After the night was done I felt like I wanted more. I wanted to understand more. More light. Not sure if that is normal.


----------



## CloseYetFar (Dec 4, 2014)

Kyle Samuel said:


> After the night was done I felt like I wanted more. I wanted to understand more. More light. Not sure if that is normal.



It is normal, at least in my experience.  Also remember as you are going over your proficiency with your mentor you can ask questions about all of the things you went through.  That will give you a better understanding of things.  Try to go see one for yourself though.  That's where a lot sunk in for me.  You get to watch and hear.  It also helps out with the material you have to learn.


----------



## dfreybur (Dec 4, 2014)

Kyle Samuel said:


> After the night was done I felt like I wanted more. I wanted to understand more. More light. Not sure if that is normal.



A bit of perspective - The Master Mason degree is the end of the degree work, but it is also the beginning of the life work of a new brother.  There's always more.  Part of why brothers go to other Masonic organizations is for more.  But most of the more stuff is how you live your life and how you find meaning in the degrees.  There's enough material in the first three degrees to keep learning the rest of our lives.

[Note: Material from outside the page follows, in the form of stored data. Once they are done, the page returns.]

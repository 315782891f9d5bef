-- ===== src/Derive/Struct.antt =====
-- `serialize` as uavcan-derive/src/lib.rs writes it for a struct with named fields, and the constants
-- beside it. What it serializes is fixed, and no argument.
use cyphal_rs.Base.{
  ℕ, zero, suc, ◌+◌, ◌-◌, not, ◌&&◌, Bool, true, false, Option, none, some, List, [], ◌∷◌, ltb, leb,
  ◌==◌, if◌then◌else◌, Result, ok, panic,
}

-- The two values of `SerializationResult` that the code names.
pub data SerializationResult : Type 0 where
  finished buffer_full : SerializationResult

-- The variables that `serialize` is given by reference.
pub record Cursor (Buffer : Type 0) : Type 0 where
  pub flattened_field : ℕ
  pub bit : ℕ
  pub buffer : Buffer

-- A field, by what the code uses of its type: its constants, 1 in place of the number of flattened
-- fields if it is primitive, and its `serialize`, which is told whether it is the last field.
pub record Field (Buffer : Type 0) : Type 0 where
  pub bit_length_min : ℕ
  pub flattened_fields_number : ℕ
  pub serialize : Bool → Cursor Buffer → Cursor Buffer × SerializationResult

module _ {Buffer : Type 0} where
  -- `BIT_LENGTH_MIN` and `FLATTENED_FIELDS_NUMBER`.
  abbrev pub bit_length_min : List (Field Buffer) → ℕ
  bit_length_min [] = 0
  bit_length_min (field ∷ fields) = field.bit_length_min + bit_length_min fields

  abbrev pub flattened_fields : List (Field Buffer) → ℕ
  flattened_fields [] = 0
  flattened_fields (field ∷ fields) = field.flattened_fields_number + flattened_fields fields

  abbrev pub is_last : List (Field Buffer) → Bool
  is_last [] = true
  is_last (field ∷ fields) = false

  -- The branch of a field, behind its own `serialize`; the answer is whether the code returns.
  abbrev pub serialized : ℕ → Cursor Buffer × SerializationResult → Cursor Buffer × Bool
  serialized field_index (inner, finished) =
      (record inner { flattened_field = field_index + inner.flattened_field; bit = 0 }, false)
  serialized field_index (inner, buffer_full) =
      (record inner { flattened_field = field_index + inner.flattened_field }, true)

  -- `serialize_body`: an `if` for each field, the next one in its `else`.
  unfoldable pub serialize_body :
      List (Field Buffer) → ℕ → Bool → Cursor Buffer → Cursor Buffer × Bool
  serialize_body [] field_index last_field cursor = (cursor, false)
  serialize_body (field ∷ fields) field_index last_field cursor =
      let rest =
        serialize_body fields (field_index + field.flattened_fields_number) last_field cursor in
      if leb field_index cursor.flattened_field
        && ltb cursor.flattened_field (field_index + field.flattened_fields_number)
      then serialized field_index (
          field.serialize (is_last fields && last_field)
            (record cursor { flattened_field = cursor.flattened_field - field_index }))
      else rest

  -- The `while` loop, on fuel.
  unfoldable pub serialize_loop :
      {E : Type 0}
      → ℕ
      → List (Field Buffer)
      → Bool
      → Cursor Buffer
      → Option (Result E (Cursor Buffer × SerializationResult))
  serialize_loop zero fields last_field cursor = none
  serialize_loop (suc fuel) fields last_field cursor =
      let (cursor', returns) = serialize_body fields 0 last_field cursor in
      let rest = serialize_loop fuel fields last_field cursor' in
      if cursor.flattened_field == flattened_fields fields
      then some (ok (cursor, finished))
      else if not (ltb cursor.flattened_field (flattened_fields fields))
      then some panic
      else if returns
      then some (ok (cursor', buffer_full))
      else rest

  unfoldable pub serialize :
      {E : Type 0}
      → ℕ
      → List (Field Buffer)
      → Bool
      → Cursor Buffer
      → Option (Result E (Cursor Buffer × SerializationResult))
  serialize fuel fields last_field cursor =
      if not (ltb cursor.flattened_field (flattened_fields fields))
      then some panic
      else serialize_loop fuel fields last_field cursor
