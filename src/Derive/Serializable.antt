-- ===== src/Derive/Serializable.antt =====
-- The trait `Serializable`, which the code that uavcan-derive/src/lib.rs makes calls: it is that of
-- another crate, and a parameter. `S` and `D` are its two buffers.
use cyphal_rs.Base.{ℕ, Bool, List, [], ◌∷◌}
use cyphal_rs.Derive.Struct.{SerializationResult, Cursor, Field}

-- The two values of `DeserializationResult` that the code names.
pub data DeserializationResult : Type 0 where
  complete buffer_insufficient : DeserializationResult

-- A type with its implementation.
pub record Serializable (S D : Type 0) : Type 1 where
  pub Value : Type 0
  pub bit_length_min : ℕ
  pub flattened_fields_number : ℕ
  pub serialize : Value → Bool → Cursor S → Cursor S × SerializationResult
  pub deserialize : Value → Bool → Cursor D → (Value × Cursor D) × DeserializationResult

module _ {S D : Type 0} where
  -- A struct of fields of these types.
  abbrev pub Struct : List (Serializable S D) → Type 0
  Struct [] = Unit
  Struct (t ∷ types) = t.Value × Struct types

  -- `&self.#field_ident`, for one field and for each.
  abbrev pub borrow : (t : Serializable S D) → t.Value → Field S
  borrow t value = record {
    bit_length_min = t.bit_length_min;
    flattened_fields_number = t.flattened_fields_number;
    serialize = t.serialize value;
  }

  abbrev pub borrowed : (types : List (Serializable S D)) → Struct types → List (Field S)
  borrowed [] self = []
  borrowed (t ∷ types) (value, self) = borrow t value ∷ borrowed types self
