-- ===== src/Mutate/Dispatch/Impl/Laws.antt =====
-- `MutateImpl` of FuzzerMutate.cpp does not fault: every mutator that can be chosen keeps to the
-- array, and the loop ends with an input that is not empty and fits.
use pfuzzer.Base.{
  ℕ, zero, suc, ◌^◌, ◌≤◌, ◌<◌, ◌≡◌, refl, leb, ◌==◌, ◌&&◌, ◌||◌, not, Bool, true, false,
  if◌then◌else◌, List, [], ◌∷◌, ◌++◌, Option, none, some, length, replicate, take, All, arith, ◌∙◌,
  lt→ltb, le→leb, All-get_elem?, get_elem?_lt, All-append, All-take, length-take, length-replicate,
  All-replicate,
}
use pfuzzer.Base.Comp.{
  Comp, Ensures, returns, pure, lift, assert, ◌>>=◌, ◌>>◌, pure-Ensures, bind-Ensures, then-Ensures,
  assert-Ensures, lift-Ensures, lift_last-Ensures, if-Ensures, Ensures-mono,
}
use pfuzzer.Base.Memory.{
  IsByte, overwrite, store_lem, copy_bytes, copy_bytes_lem, length-overwrite, All-overwrite,
}
use pfuzzer.Random.Laws.{draw-Ensures, rand-Ensures}
use pfuzzer.Util.{to_ascii, is_ascii}
use pfuzzer.Util.Laws.{to_ascii_lem}
use pfuzzer.Mutate.Edit.{Edit, IsEdited, IsInput, result}
use pfuzzer.Mutate.Frame.{failed-IsEdited, overwrite-IsEdited}
use pfuzzer.Mutate.Bytes.Erase.{erase_bytes-Ensures}
use pfuzzer.Mutate.Bytes.Insert.{insert_byte-Ensures, insert_repeated_bytes-Ensures}
use pfuzzer.Mutate.Bytes.Change.{change_byte-Ensures, change_bit-Ensures}
use pfuzzer.Mutate.Shuffle.Laws.{shuffle_bytes-Ensures}
use pfuzzer.Mutate.Ascii.Laws.{change_ascii_integer-Ensures}
use pfuzzer.Mutate.Binary.Laws.{change_binary_integer-Ensures}
use pfuzzer.Mutate.Parts.Laws.{copy_part-Ensures}
use pfuzzer.Mutate.Cross.Laws.{cross_over_mutator-Ensures}
use pfuzzer.Mutate.State.{
  Mutator, mutate_erase_bytes, mutate_insert_byte, mutate_insert_repeated_bytes, mutate_change_byte,
  mutate_change_bit, mutate_shuffle_bytes, mutate_change_ascii_integer,
  mutate_change_binary_integer, mutate_copy_part, mutate_cross_over,
  mutate_add_word_from_manual_dictionary, mutate_add_word_from_persistent_auto_dictionary,
  mutate_add_word_from_torc, mutate_custom, mutate_custom_cross_over, Dispatcher, on_random,
}
use pfuzzer.Mutate.State.Laws.{IsDispatcher}
use pfuzzer.Mutate.Dispatch.{
  Options, Tables, External, default_mutators, mutators, run_custom, run_custom_cross_over,
}
use pfuzzer.Mutate.Dispatch.Words.{IsTables}
use pfuzzer.Mutate.Dispatch.Dictionaries.{
  on_random-IsDispatcher, mutators-IsDispatcher, the_state_then, add_word_from_torc-KeepsAll,
  add_word_from_dictionary-KeepsAll, KeepsAll,
}
use pfuzzer.Mutate.Dispatch.Impl.{
  run_mutator, note_mutator, keep_result, mutate_rounds, mutate_impl, mutate, default_mutate,
}

-- The array has the length it had and holds bytes.
pub record IsArray (mem : List ℕ) (out : List ℕ) : Type 0 where
  pub same_length : length out ≡ length mem
  pub bytes : All IsByte out

-- The contract of the fuzz target's functions: they keep to the arrays they are given. The size
-- that a custom mutator returns may be anything; a crossover's is at most the room it has.
pub record IsExternal (ext : External) : Type 0 where
  pub mutator :
      (f : List ℕ → ℕ → ℕ → ℕ → Option Edit)
      → ext.custom_mutator ≡ some f
      → (mem : List ℕ) (size max_size seed : ℕ) → IsInput mem size max_size
      → (r : Edit) × (f mem size max_size seed ≡ some r) × IsArray mem r.0
  pub cross_over :
      (f : List ℕ → ℕ → List ℕ → List ℕ → ℕ → Option Edit)
      → ext.custom_cross_over ≡ some f
      → (mem : List ℕ) (size : ℕ) (other room : List ℕ) (seed : ℕ) → All IsByte mem
      → All IsByte other
      → All IsByte room
      → (r : Edit) × (f mem size other room seed ≡ some r) × IsArray room r.0 × (r.1 ≤ length room)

Yep, more.  Good stuff, that wanting more.


----------



## Warrior1256 (Dec 4, 2014)

Kyle Samuel said:


> After the night was done I felt like I wanted more. I wanted to understand more. More light. Not sure if that is normal.


It is very normal, you'll love the rest of your journey.


----------



## Bro. Staton (Dec 28, 2014)

Seeking more is normal so your good. Just stay focused and enjoy the journey....


----------